Bin mir grad nicht ganz sicher, weil meine Java-Web-Zeit ein wenig her ist, aber mit addCookie() fügst du ja genau dieses eine Cookie hinzu. Da du aber den gleichen Namen für das Cookie verwendest, wird das, was da unter diesem Namen bereits drinsteht, einfach überschrieben. 

"gakamp" kann gar nicht drin stehen, weil es in die response eh nie hinzugefügt wird (wäre ja eh quatsch, es steht ja schließlich schon im Browser, von dem die Anfrage kommt).

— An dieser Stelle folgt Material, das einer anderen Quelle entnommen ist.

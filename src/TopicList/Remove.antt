-- ===== src/TopicList/Remove.antt =====
-- What `unsubscribe` does on every branch.
use trithemius_p2p.Base.{
  ok-injective, ℕ, suc, ◌-◌, ◌<◌, ◌≤◌, ◌≡◌, ◌⊎◌, ◌↔◌, refl, sym, ◌∙◌, Text, text_eq, ◌>>=◌, Option,
  none, some, false, List, [], ◌∷◌, arith, length, is_empty, position, ◌==◌, Outcome, ok, err,
  panic, Option-cases, inl, inr,
}
use native.Mathlib.Decide.{ℕ_discrete, dec_lt}
use mathlib.Core.Path.{subst}
use trithemius_p2p.Subscriptions.{SubscriptionError, no_such_topic}
use trithemius_p2p.TopicList.{SubscriptionList, swap_remove, unsubscribe, reindex}
use trithemius_p2p.TopicList.SwapRemove.{length-swap_remove, position_bound}
use trithemius_p2p.TopicList.Select.{InRange, IsValid, tabs}

-- `unsubscribe` once the position is known.
abbrev pub removed : List Text → Option ℕ → ℕ → Outcome SubscriptionError SubscriptionList
removed list c index =
    let rest = swap_remove list index in reindex (is_empty rest) c index >>= λ d. ok (tabs rest d)

pub unsubscribe_found :
    (list : List Text) (c : Option ℕ) (topic : Text) {index : ℕ}
    → position (λ t. t == topic) list ≡ some index
    → unsubscribe (tabs list c) topic ≡ removed list c index
unfolding unsubscribe
unsubscribe_found list c topic h = rw (h, unsubscribe)

is_empty-eq-false {ℓ} : {A : Type ℓ} (xs : List A) → 0 < length xs → is_empty xs ≡ false
is_empty-eq-false [] h = absurd (omega arith)
is_empty-eq-false (x ∷ xs) h = refl

nil_of_length {ℓ} : {A : Type ℓ} (xs : List A) → length xs ≡ 0 → xs ≡ []
nil_of_length [] h = refl
nil_of_length (x ∷ xs) h = absurd (omega arith)

module _ (list : List Text) (current index : ℕ) (topic : Text)
    (found : position (λ t. t == topic) list ≡ some index) where
  abbrev rest : List Text
  rest = swap_remove list index

  index_bound : index < length list
  index_bound = position_bound (λ t. t == topic) list index found

  -- The only tab goes: nothing is selected any more.
  pub unsubscribe_only :
      length list ≡ 1 → unsubscribe (tabs list (some current)) topic ≡ ok (tabs [] none)
  unsubscribe_only one =
      let e : rest ≡ [] =
        nil_of_length rest (omega (arith, length-swap_remove list index index_bound)) in
      unsubscribe_found list (some current) topic found ∙ rw e

  -- A tab behind the selected one goes: the index stays.
  pub unsubscribe_behind :
      current < index → unsubscribe (tabs list (some current)) topic ≡ ok (tabs rest (some current))
  unsubscribe_behind lt =
      unsubscribe_found list (some current) topic found
      ∙ rw
          (is_empty-eq-false rest
            (omega (arith, length-swap_remove list index index_bound, index_bound)))
          (ground arith)

  -- The selected tab or one before it goes: the index goes down by one.
  pub unsubscribe_before :
      index ≤ current
      → 0 < current
      → current < length list
      → unsubscribe (tabs list (some current)) topic ≡ ok (tabs rest (some (current - 1)))
  unsubscribe_before le pos valid =
      unsubscribe_found list (some current) topic found
      ∙ rw
          (is_empty-eq-false rest
            (omega (arith, length-swap_remove list index index_bound, index_bound)))
          (ground arith)

  -- The first of several tabs goes while it is selected: the subtraction is below 0.
  pub unsubscribe_first_panics :
      current ≡ 0
      → 1 < length list
      → index ≡ 0
      → unsubscribe (tabs list (some current)) topic ≡ panic
  unsubscribe_first_panics c more i =
      unsubscribe_found list (some current) topic found
      ∙ rw
          (is_empty-eq-false rest
            (omega (arith, length-swap_remove list index index_bound, index_bound)))
          (ground arith)

-- A topic without a tab is refused by its name.
pub unsubscribe_missing :
    (s : SubscriptionList) (topic : Text)
    → position (λ t. t == topic) s.list ≡ none
    → unsubscribe s topic ≡ err (no_such_topic topic)
unfolding unsubscribe
unsubscribe_missing s topic missing = rw (missing, unsubscribe)

-- The cases of a removal, for a tab that is there.
unsubscribe_cases :
    (list : List Text) (current index : ℕ) (topic : Text)
    → position (λ t. t == topic) list ≡ some index
    → current < length list
    → ((s : SubscriptionList) × (unsubscribe (tabs list (some current)) topic ≡ ok s)
        × IsValid s
        × (suc (length s.list) ≡ length list)
        × ((0 < current) ⊎ (current < index) ⊎ (length list ≡ 1)))
      ⊎ ((unsubscribe (tabs list (some current)) topic ≡ panic)
          × (current ≡ 0)
          × (index ≡ 0)
          × (1 < length list))
unsubscribe_cases list current index topic found valid =
    let bound : index < length list = position_bound (λ t. t == topic) list index found in
    let size : length (swap_remove list index) ≡ length list - 1 =
      length-swap_remove list index bound in
    elim (ℕ_discrete (length list) 1) [
      | yes one ↦ inl (
        tabs [] none,
        unsubscribe_only list current index topic found one,
        refl,
        omega arith,
        inr (inr one),
      )
      | no several ↦ elim (dec_lt current index) [
        | yes behind ↦ inl (
          tabs (swap_remove list index) (some current),
          unsubscribe_behind list current index topic found behind,
          omega arith,
          omega arith,
          inr (inl behind),
        )
        | no before ↦ elim (dec_lt 0 current) [
          | yes pos ↦ inl (
            tabs (swap_remove list index) (some (current - 1)),
            unsubscribe_before list current index topic found (omega arith) pos valid,
            omega arith,
            omega arith,
            inl pos,
          )
          | no zero_ ↦ inr (
            unsubscribe_first_panics list current index topic found (omega arith) (omega arith)
                (omega arith),
            omega arith,
            omega arith,
            omega arith,
          )
        ]
      ]
    ]

-- From tabs whose index is in range, a removal that succeeds leaves one tab fewer and an index
-- that is again in range.
pub unsubscribe-IsValid :
    (s : SubscriptionList) (topic : Text) {s' : SubscriptionList}
    → IsValid s
    → unsubscribe s topic ≡ ok s'
    → IsValid s' × (suc (length s'.list) ≡ length s.list)
unsubscribe-IsValid s topic {s'} v h = on_tabs s.list s.current_index v h
  where
    found_ok :
        (list : List Text) (current index : ℕ)
        → current < length list
        → position (λ t. t == topic) list ≡ some index
        → unsubscribe (tabs list (some current)) topic ≡ ok s'
        → IsValid s' × (suc (length s'.list) ≡ length list)
    found_ok list current index valid found h =
        elim (unsubscribe_cases list current index topic found valid) [
          | inl (t, e, v, l, _) ↦
              let q : t ≡ s' = ok-injective (sym e ∙ h) in
              subst (λ u. IsValid u × (suc (length u.list) ≡ length list)) q (v, l)
          | inr (e, _, _, _) ↦ cc
        ]

    on_tabs :
        (list : List Text) (c : Option ℕ)
        → InRange c list
        → unsubscribe (tabs list c) topic ≡ ok s'
        → IsValid s' × (suc (length s'.list) ≡ length list)
    on_tabs [] c v h = cc (unsubscribe_missing (tabs [] c) topic refl)
    on_tabs (x ∷ list) none v h = cc
    on_tabs (x ∷ list) (some current) v h =
        elim (Option-cases (position (λ t. t == topic) (x ∷ list))) [
          | inl missing ↦ cc (unsubscribe_missing (tabs (x ∷ list) (some current)) topic missing)
          | inr (index, found) ↦ found_ok (x ∷ list) current index v found h
        ]

-- From valid tabs with one selected, the removal of a topic that has a tab panics exactly when its
-- tab is the first, is selected, and is not the only one.
pub unsubscribe_panics :
    (s : SubscriptionList) (topic : Text) (index current : ℕ)
    → IsValid s
    → s.current_index ≡ some current
    → position (λ t. t == topic) s.list ≡ some index
    → (unsubscribe s topic ≡ panic) ↔ ((current ≡ 0) × (index ≡ 0) × (1 < length s.list))
unsubscribe_panics s topic index current v e found = on_tabs s.list s.current_index v e found
  where
    on_tabs :
        (list : List Text) (c : Option ℕ)
        → InRange c list
        → c ≡ some current
        → position (λ t. t == topic) list ≡ some index
        → (unsubscribe (tabs list c) topic ≡ panic)
          ↔ ((current ≡ 0) × (index ≡ 0) × (1 < length list))
    on_tabs list none v e found = cc
    on_tabs list (some j) v e found =
        let q : j ≡ current = ground arith in
        elim (unsubscribe_cases list j index topic found v) [
          | inl (t, d, _, _, why) ↦ (λ p. cc, λ (z, i, l). ground arith)
          | inr (d, z, i, l) ↦ (λ _. (omega arith, i, l), λ _. d)
        ]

Steht in deinem Browser-Cookie gakamo noch drin?


EDIT: Aaaaah, hab jetzt erstmal dein Problem verstanden. Du musst vlcht. die ganzen Trennzeichen mal escapen (frag mich jetzt aber nicht wie^^).


----------



## Busaschie (7. Mrz 2012)

Hallo,

hm kann den keiner weiterhelfen?

Ich es den so kompliziert einen Wert von einen Cookie in einen anderen Cookie zu schreiben?

Also wie gesagt:

1. Cookie
Name: gakamp
Werte: utmcsr=RTL|utmccn=RTL-LP|utmcmd=Link|utmcct=Mehr-erfahren-RTL

soll in den zweiten Cookie

2. Cookie
Name: newco
Werte: utmcs

Aber es kommt leider nur das bis zum ersten = mit.

Grüße


----------